I submitted it using condor_submit test.info which resulted in the following log in condor_bin.log:

...
000 (356.000.000) 2021-07-15 18:23:28 Job submitted from host: <10.xx.xx.xxx:xxxx?addrs=10.xx.xx.xxx-xxxx&alias=abcdefg.abcd.abcdefg.be&noUDP&sock=schedd_2422_de78>
...
000 (357.000.000) 2021-07-15 18:24:19 Job submitted from host: <10.xx.xx.xxx:xxxx?addrs=10.xx.xx.xxx-xxxx&alias=abcdefg.abcd.abcdefg.be&noUDP&sock=schedd_2422_de78>
...
040 (356.000.000) 2021-07-15 18:24:21 Started transferring input files
    Transferring to host: <10.xx.xx.xx:xxxx?addrs=10.xx.xx.xx-xxxx&alias=other.abcd.abcdefg.be&noUDP&sock=slot1_1_123445_eb75_5374>
...
040 (356.000.000) 2021-07-15 18:24:21 Finished transferring input files
...
001 (356.000.000) 2021-07-15 18:24:22 Job executing on host: <10.xx.xx.xx:xxxx?addrs=10.xx.xx.xx-xxxx&alias=other.abcd.abcdefg.be&noUDP&sock=startd_2178_815c>
...
006 (356.000.000) 2021-07-15 18:24:22 Image size of job updated: 1
    0  -  MemoryUsage of job (MB)
    0  -  ResidentSetSize of job (KB)
...
040 (356.000.000) 2021-07-15 18:24:22 Started transferring output files
...
040 (356.000.000) 2021-07-15 18:24:22 Finished transferring output files
...
005 (356.000.000) 2021-07-15 18:24:22 Job terminated.
    (1) Normal termination (return value 0)
        Usr 0 00:00:00, Sys 0 00:00:00  -  Run Remote Usage
        Usr 0 00:00:00, Sys 0 00:00:00  -  Run Local Usage
        Usr 0 00:00:00, Sys 0 00:00:00  -  Total Remote Usage
        Usr 0 00:00:00, Sys 0 00:00:00  -  Total Local Usage
    0  -  Run Bytes Sent By Job
    803  -  Run Bytes Received By Job
    0  -  Total Bytes Sent By Job
    803  -  Total Bytes Received By Job
    Partitionable Resources :    Usage  Request Allocated 
       Cpus                 :                 1         1 
       Disk (KB)            :       13   153600    782129 
       Gpus (Average)       :                 0         0 
       Memory (MB)          :        0      150       256 

    Job terminated of its own accord at 2021-07-15T16:24:22Z.
...

As you can see in the test.info, I've tried to use

should_transfer_files = YES
when_to_transfer_output = ON_EXIT

But that didn't work.

How can I see my print statements and how can I see my pickled data after completion?

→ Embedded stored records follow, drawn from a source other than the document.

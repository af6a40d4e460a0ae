-- ===== src/World/Writes.antt =====
-- `BlsSocket::write` (src/BlsSocket.cpp), the chunk writers and their callbacks
-- (src/RtmpChunkPool.cpp), and the writers of chains (src/RtmpProtocol.cpp).
use bls.Base.{ℕ, ◌+◌, ◌-◌, ◌%◌, ◌^◌, Bool, true, false, Option, none, some, List, [], ◌∷◌, ◌++◌}
use bls.Chunk.{Bucket}
use bls.Pool
use bls.World.{World, Write, Part, both, header_only, payload_only, M, ◌>>◌, pure, update}
use bls.World.Buckets.{free_bucket}

-- The bytes that `BlsSocket::write` counts.
abbrev pub write_size : Bucket → Part → ℕ
write_size b both = b.header_length + b.payload_length
write_size b header_only = b.header_length
write_size b payload_only = b.payload_length

-- `s->write`; a closed socket is a NULL handle for `uv_write`.
abbrev pub socket_write : ℕ → Write → M (Unit {0})
socket_write client wr w =
    let s = w.socket client in
    elim s.is_open [
      | false ↦ none
      | true ↦ some (
        tt,
        record w {
          socket = update w.socket client (record s {
            send_bytes = (s.send_bytes + write_size (w.pool.bucket wr.bucket) wr.part) % 2 ^ 64;
            pending = s.pending ++ wr ∷ [];
          });
        },
      )
    ]

abbrev pub reference : ℕ → M (Unit {0})
reference id w = some (tt, record w { pool = Pool.add_reference w.pool id })

-- `rtmp_write_chunk`, with the callback `consumer_write_chunk_cb` where a client is given.
unfoldable pub rtmp_write_chunk : ℕ → ℕ → Option ℕ → M (Unit {0})
unfolding Pool.add_reference
rtmp_write_chunk client id custom = do
  reference id
  socket_write client (record { bucket = id; part = both; custom = custom })

unfoldable pub rtmp_write_chunk_header : ℕ → ℕ → M (Unit {0})
unfolding Pool.add_reference
rtmp_write_chunk_header client id = do
  reference id
  socket_write client (record { bucket = id; part = header_only; custom = none })

unfoldable pub rtmp_write_chunk_payload : ℕ → ℕ → M (Unit {0})
unfolding Pool.add_reference
rtmp_write_chunk_payload client id = do
  reference id
  socket_write client (record { bucket = id; part = payload_only; custom = none })

-- `consumer_write_chunk_cb` of src/BlsConsumer.cpp: the counter of whatever consumer the client has
-- now goes down, as `uint32_t`.
unfoldable pub consumer_write_chunk_cb : ℕ → World → World
consumer_write_chunk_cb client w = elim (w.play_consumer client) [
  | none ↦ w
  | some k ↦
      let c = w.consumer k in
      record w {
        consumer =
            update w.consumer k
              (record c { chunk_in_buffer_num = (c.chunk_in_buffer_num + (2 ^ 32 - 1)) % 2 ^ 32 });
      }
]

-- `_bucket_write_cb` and `_custom_bucket_write_cb`.
unfoldable pub write_cb : Write → World → World
unfolding consumer_write_chunk_cb
write_cb wr w =
    let freed : World = record w { pool = Pool.free_chunk_bucket w.pool wr.bucket } in
    elim wr.custom [ none ↦ freed | some client ↦ consumer_write_chunk_cb client freed ]

-- libuv finishes the oldest write of a socket.
unfoldable pub complete : ℕ → World → World
unfolding write_cb
complete client w =
    let s = w.socket client in
    elim s.pending [
      | [] ↦ w
      | wr ∷ rest ↦
          write_cb wr (record w { socket = update w.socket client (record s { pending = rest }) })
    ]

-- The loops of `write_chunk_chain` and `write_chunk_chain_payload`.
unfoldable pub write_chunks : ℕ → List ℕ → M (Unit {0})
unfolding rtmp_write_chunk
write_chunks client [] = pure tt
write_chunks client (id ∷ ids) = do rtmp_write_chunk client id none; write_chunks client ids

-- The freeing with `auto_free`: each round frees the `b` of the round before, and the last `b` goes
-- behind the loop. The first round's `b` is still the one that the loop of writes left, the last
-- bucket of the chain.
unfoldable pub auto_free_from : Option ℕ → List ℕ → M (Unit {0})
auto_free_from none [] = pure tt
auto_free_from (some b) [] = free_bucket b
auto_free_from none (q ∷ qs) = auto_free_from (some q) qs
auto_free_from (some b) (q ∷ qs) = do free_bucket b; auto_free_from (some q) qs

-- `b` behind a loop over a chain that begins with it at `b`.
abbrev pub last_of : Option ℕ → List ℕ → Option ℕ
last_of b [] = b
last_of b (q ∷ qs) = last_of (some q) qs

-- Both give back the chain that is left.
unfoldable pub write_chunk_chain : ℕ → List ℕ → Bool → M (List ℕ)
unfolding write_chunks
write_chunk_chain client chain false = do write_chunks client chain; pure chain
write_chunk_chain client chain true = do
  write_chunks client chain
  auto_free_from (last_of none chain) chain
  pure []

abbrev pub write_payloads : ℕ → List ℕ → M (Unit {0})
write_payloads client [] = pure tt
write_payloads client (id ∷ ids) = do rtmp_write_chunk_payload client id; write_chunks client ids

unfoldable pub write_chunk_chain_payload : ℕ → List ℕ → Bool → M (List ℕ)
unfolding write_chunks rtmp_write_chunk_payload
write_chunk_chain_payload client chain false = do write_payloads client chain; pure chain
write_chunk_chain_payload client chain true = do
  write_payloads client chain
  auto_free_from (last_of none chain) chain
  pure []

Thanks a lot for your help!


Solution

  • Adding #!/usr/bin/python as @Greg suggested resulted in following error

    Executable file 'my_file/path' is a script with CRLF (DOS/Windows) line endings.
    This generally doesn't work, and you should probably run 'dos2unix myfile/path' -- or a similar tool -- before you resubmit.
    

    I generated a new Python file on my Linux system which added following lines as a prefix

    #!/usr/bin/env python3
    # -*- coding: utf-8 -*-
    

    Which successfully runs on condor when using the should_transfer_files = YES and when_to_transfer_output = ON_EXIT settings in the test.info condor file.

    TLDR; Running Python code generated in Windows can produce errors on a condor system running on Linux. Fix: Write/copy your code into a Linux generated Python file.